Named for two of Kansas City, Mo.’s most influential individuals and families, the Armour-Volker building is situated in the heart of the wholesale (or garment) district. As a noted philanthropist, William Volker advocated social welfare and garnered the nickname “Mr. Anonymous” due to his habit of donating large sums of money to organizations – you guessed it – anonymously. Born in Germany, then relocating to Chicago and finally settling in our city, Volker developed countless institutions, organizations, and businesses. Not only did Volker design and implement the “first modern welfare department in the United States” (the Kansas City Board of Public Welfare), he also had a major hand in creating a research hospital, and the University of Kansas City (now University of Missouri at Kansas City [UMKC] located on Volker Road). He also funded the purchase of the land for building the Liberty Memorial (a towering tribute to veterans which houses the National WWI Museum on 26th Street).

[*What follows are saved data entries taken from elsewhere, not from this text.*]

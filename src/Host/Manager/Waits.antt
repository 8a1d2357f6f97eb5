-- ===== src/Host/Manager/Waits.antt =====
-- What a wait for the executions of a manager has seen when it returns.
use cloudify_system_tests.Prelude.{
  ◌≡◌, refl, ap, ◌∙◌, String, Bool, true, List, [], ◌∷◌, ◌==◌, inl, inr, Bool-cases, All,
}
use cloudify_system_tests.Act.{Done, Reply, value, fault, ok, result, continue, ◌>>=◌}
use cloudify_system_tests.Act.Ends.{Ends, Ends-bind, Ends-ok, Ends-err, Ends-if}
use cloudify_system_tests.Act.Retry.{Retrying, retry_inv}
use cloudify_system_tests.Host.{Machine, Host}
use cloudify_system_tests.Host.Guard.{effect-Ends, guarded_inv}
use cloudify_system_tests.Host.Manager.{
  check_terminated, executions_attempt, wait_for_all_executions,
}

module _ {W : Type 0} (m : Machine W) where
  AllTerminated : List String → Type 0
  AllTerminated = All (λ status. (status == "terminated") ≡ true)

  check_terminated-Ends : (statuses : List String) → Ends (check_terminated m statuses)
  unfolding check_terminated
  check_terminated-Ends [] = Ends-ok _ _
  check_terminated-Ends (status ∷ statuses) =
      Ends-if _ _ _ (check_terminated-Ends statuses) (Ends-err _)

  -- a check that returns leaves the state alone
  check_terminated-AllTerminated :
      (statuses : List String) (h t : Host W)
      → check_terminated m statuses h ≡ (ok tt, t)
      → AllTerminated statuses × (h ≡ t)
  unfolding check_terminated AllTerminated
  check_terminated-AllTerminated [] h t e = (tt, ap (λ q. q.1) e)
  check_terminated-AllTerminated (status ∷ statuses) h t e =
      elim (Bool-cases (status == "terminated")) [
        | inl done ↦
            let (all, same) = check_terminated-AllTerminated statuses h t (rw done at e) in
            ((done, all), same)
        | inr going ↦ cc (ap (λ q. q.0) (rw going at e))
      ]

  executions_attempt-Ends : (include : Bool) → Ends (executions_attempt m include)
  unfolding executions_attempt
  executions_attempt-Ends include = Ends-bind _ _ (effect-Ends _) check_terminated-Ends

  -- The world is one that a listing of the executions has left behind, with all of them terminated.
  pub AreDone : Bool → W → Type 0
  AreDone include t =
      (h : Host W) × (statuses : List String) × (m.list_statuses h.vm.client include h.world
        ≡ (value statuses, t))
      × AllTerminated statuses

  listed :
      (include : Bool) (g t : Host W) (r : Reply (List String)) (w : W)
      → m.list_statuses g.vm.client include g.world ≡ (r, w)
      → continue (result r) (check_terminated m) (record g { world = w }) ≡ (ok tt, t)
      → AreDone include t.world
  unfolding AreDone
  listed include g t (value statuses) w l e =
      let (all, same) = check_terminated-AllTerminated statuses _ t e in
      (g, statuses, l ∙ ap (λ u. (value statuses, u.world)) same, all)
  listed include g t (fault x) w l e = cc (ap (λ q. q.0) e)

  attempt-AreDone :
      (include : Bool) (g t : Host W)
      → executions_attempt m include g ≡ (ok tt, t)
      → AreDone include t.world
  unfolding executions_attempt ◌>>=◌
  attempt-AreDone include g t e = listed include g t _ _ refl e

  -- A wait for all executions that returns has ended with a listing in which every execution has
  -- terminated: nothing has happened to the world since.
  pub wait_for_all_executions-AreDone :
      (r : Retrying (Host W)) (include_system_workflows : Bool) (h t : Host W)
      → wait_for_all_executions m r include_system_workflows h ≡ (ok tt, t)
      → AreDone include_system_workflows t.world
  unfolding wait_for_all_executions
  wait_for_all_executions-AreDone r include h t e =
      let (g, seen) =
        retry_inv r Done 1000 (executions_attempt m include)
          (λ s. (executions_attempt-Ends include).at s) 199 h t tt (guarded_inv _ h t tt e) in
      attempt-AreDone include g t seen
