-- ===== src/Quarantine/Table.antt =====
-- The operations of src/quarantine.rs on the table, and the exclusions that the allocator reads.
use ez_gh_actions.Base.{
  ℕ, ◌≤◌, ◌≡◌, refl, sym, ap, ◌∙◌, true, Option, none, some, [], ◌∷◌, arith, is_some, is_some_and,
  u32_max, Option-cases, inl, inr, map, Text,
}
use ez_gh_actions.Base.Decimal.{to_string, to_string-injective, text_eq-to_string}
use ez_gh_actions.BtreeMap
use ez_gh_actions.BtreeMap.{
  BtreeMap, AllEntries, IsSorted, get-insert, get-remove, insert-AllEntries, remove-AllEntries,
  get-AllEntries, get-AllAbove,
}
use ez_gh_actions.BtreeMap.Slots.{
  IsSlotMap, nil-IsSlotMap, insert-IsSlotMap, remove-IsSlotMap, contains, contains-slots_where,
}
use ez_gh_actions.Quarantine.{
  QuarantineEntry, QuarantineTable, empty, is_quarantined, slots, upsert, remove, get_mut,
  excluded_slots,
}

-- an entry stands under the text of its own slot, a `u32`
abbrev pub IsKeyed : Text → QuarantineEntry → Type 0
IsKeyed key entry = (key ≡ to_string entry.slot) × (entry.slot ≤ u32_max)

pub record IsConsistent (t : QuarantineTable) : Type 0 where
  pub slots : IsSlotMap t.entries
  pub keyed : AllEntries IsKeyed t.entries

-- What the daemon does to a table: `get_mut` is used to change an entry and not its slot.
pub data Built : QuarantineTable → Type 0 where
  new : Built empty
  upserted :
      {t : QuarantineTable} (e : QuarantineEntry) → Built t → e.slot ≤ u32_max → Built (upsert e t)
  removed : {t : QuarantineTable} (slot : ℕ) → Built t → Built (remove slot t).0
  changed :
      {t : QuarantineTable} (f : QuarantineEntry → QuarantineEntry) (slot : ℕ)
      → Built t
      → ((e : QuarantineEntry) → (f e).slot ≡ e.slot)
      → Built (get_mut f slot t)

upsert-IsConsistent :
    (e : QuarantineEntry) (t : QuarantineTable)
    → e.slot ≤ u32_max
    → IsConsistent t
    → IsConsistent (upsert e t)
unfolding upsert
upsert-IsConsistent e t le c = record {
  slots = insert-IsSlotMap e.slot e t.entries le c.slots;
  keyed = insert-AllEntries IsKeyed (to_string e.slot) e t.entries (refl, le) c.keyed;
}

remove-IsConsistent :
    (slot : ℕ) (t : QuarantineTable) → IsConsistent t → IsConsistent (remove slot t).0
unfolding remove
remove-IsConsistent slot t c = record {
  slots = remove-IsSlotMap slot t.entries c.slots;
  keyed = remove-AllEntries IsKeyed (to_string slot) t.entries c.keyed;
}

module _ (f : QuarantineEntry → QuarantineEntry) (slot : ℕ) (t : QuarantineTable) where
  get_mut-none : BtreeMap.get (to_string slot) t.entries ≡ none → get_mut f slot t ≡ t
  unfolding get_mut
  get_mut-none e = rw (e, get_mut)

  get_mut-some :
      (entry : QuarantineEntry)
      → BtreeMap.get (to_string slot) t.entries ≡ some entry
      → get_mut f slot t
        ≡ (record { entries = BtreeMap.insert (to_string slot) (f entry) t.entries })
  unfolding get_mut
  get_mut-some entry e = rw (e, get_mut)

get_mut-IsConsistent :
    (f : QuarantineEntry → QuarantineEntry) (slot : ℕ) (t : QuarantineTable)
    → ((e : QuarantineEntry) → (f e).slot ≡ e.slot)
    → IsConsistent t
    → IsConsistent (get_mut f slot t)
get_mut-IsConsistent f slot t keeps c =
    elim (Option-cases (BtreeMap.get (to_string slot) t.entries)) [
      | inl e ↦ rw (get_mut-none f slot t e) c
      | inr (entry, e) ↦
          let (key, le) = get-AllEntries IsKeyed (to_string slot) t.entries entry c.keyed e in
          let same : slot ≡ entry.slot = to_string-injective slot entry.slot key in
          rw (get_mut-some f slot t entry e) (record {
            slots = insert-IsSlotMap slot (f entry) t.entries (rw same le) c.slots;
            keyed =
                insert-AllEntries IsKeyed (to_string slot) (f entry) t.entries
                  (key ∙ ap to_string (sym (keeps entry)), rw (keeps entry) le) c.keyed;
          })
    ]

-- Every table that the daemon builds keeps each entry under the text of its own slot, once.
Built-IsConsistent : {t : QuarantineTable} → Built t → IsConsistent t
Built-IsConsistent new = record { slots = nil-IsSlotMap; keyed = tt }
Built-IsConsistent (upserted {t} e b le) = upsert-IsConsistent e t le (Built-IsConsistent b)
Built-IsConsistent (removed {t} slot b) = remove-IsConsistent slot t (Built-IsConsistent b)
Built-IsConsistent (changed {t} f slot b keeps) =
    get_mut-IsConsistent f slot t keeps (Built-IsConsistent b)

contains-slots_entries :
    (slot : ℕ) (m : BtreeMap QuarantineEntry)
    → IsSorted m
    → AllEntries IsKeyed m
    → contains (map (λ e. e.slot) (BtreeMap.values m)) slot
      ≡ is_some (BtreeMap.get (to_string slot) m)
unfolding BtreeMap.values BtreeMap.get
contains-slots_entries slot [] s k = refl
contains-slots_entries slot ((key, e) ∷ m) s ((q, le), k) =
    rw q (rw (text_eq-to_string e.slot slot) (ground (arith, contains-slots_entries slot m s.1 k)))

is_some_and-true : (o : Option QuarantineEntry) → is_some_and o (λ _. true) ≡ is_some o
is_some_and-true none = refl
is_some_and-true (some e) = refl

-- In a table that the daemon built, the slots kept from the allocator and the slots that the
-- reconcile pass walks are both exactly the quarantined ones.
pub contains-excluded_slots :
    {t : QuarantineTable} (slot : ℕ)
    → Built t
    → (contains (excluded_slots t) slot ≡ is_quarantined t slot)
      × (contains (slots t) slot ≡ is_quarantined t slot)
unfolding excluded_slots is_quarantined slots
contains-excluded_slots {t} slot b =
    let c = Built-IsConsistent b in
    (
      contains-slots_where (λ _. true) slot t.entries c.slots
          ∙ is_some_and-true (BtreeMap.get (to_string slot) t.entries),
      contains-slots_entries slot t.entries c.slots.sorted c.keyed,
    )
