-- ===== src/Quarantine/Scenarios.antt =====
-- Tests and instances for src/quarantine.rs.
use ez_gh_actions.Base.{ℕ, ◌≡◌, refl, none, [], ◌∷◌, arith, text, text_eq}
use ez_gh_actions.Base.Decimal.{to_string}
use ez_gh_actions.Base.Texts.{text_lt}
use ez_gh_actions.Base.Results.{ok}
use ez_gh_actions.BtreeMap
use ez_gh_actions.Quarantine.{
  QuarantineEntry, locked422, empty, slots, upsert, load_quarantine_for, contents,
}
use ez_gh_actions.Quarantine.Table.{Built, new, upserted}

abbrev entry : ℕ → QuarantineEntry
entry slot = record {
  slot = slot;
  runner_id = 42;
  runner_name = text "ez-runner-c-1";
  first_seen_epoch_secs = 100;
  attempt_count = 0;
  last_attempt_epoch_secs = 100;
  reason = locked422;
}

-- the map's order is that of the keys' texts: 10 stands before 2
slots_in_text_order :
    slots (upsert (entry 2) (upsert (entry 10) (upsert (entry 1) empty))) ≡ 1 ∷ 10 ∷ 2 ∷ []
unfolding slots upsert BtreeMap.insert BtreeMap.values text_eq text_lt to_string
slots_in_text_order = refl

blank_file : load_quarantine_for (λ raw. none) (contents (text " ")) ≡ ok empty
unfolding load_quarantine_for
blank_file = refl

two_slots : Built (upsert (entry 10) (upsert (entry 2) empty))
two_slots = upserted (entry 10) (upserted (entry 2) new (omega arith)) (omega arith)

The Armour name refers to the distinguished wealthy family who greatly impacted Kansas City for generations. Charles Watson Armour, Vice President of the Armour Packing Company (creators of a multi-million dollar meat packing industry in Kansas City) and William Volker were both donors to the local Wheatley-Provident hospital, a facility aimed especially at treating African-Americans in an era of segregation and disparity in medical care.
Plotsky Investment Company—a successful business established by the Plotsky brothers, Herbert, Robert and Jack—were mainstay tenants at the Armour-Volker at 306-308 W. 8th St. Father of the Plotsky gang, Louis, was a savvy businessman himself, and founded the local Kansas City Boys Wear Manufacturing Co. On the fifth floor of the Armour-Volker building you could find the Talon Inc. Zipper Manufacturing Co. The zipper company, founded in 1893, was the largest zipper supplier in the world. Finding a booming industry in the wholesale/garment district of Kansas City, Talon set up their regional facility in the Armour-Volker building in 1956.
Converted to the SoHo Lofts Condominiums in 1987, the Armour-Volker building has deep roots in this historic district.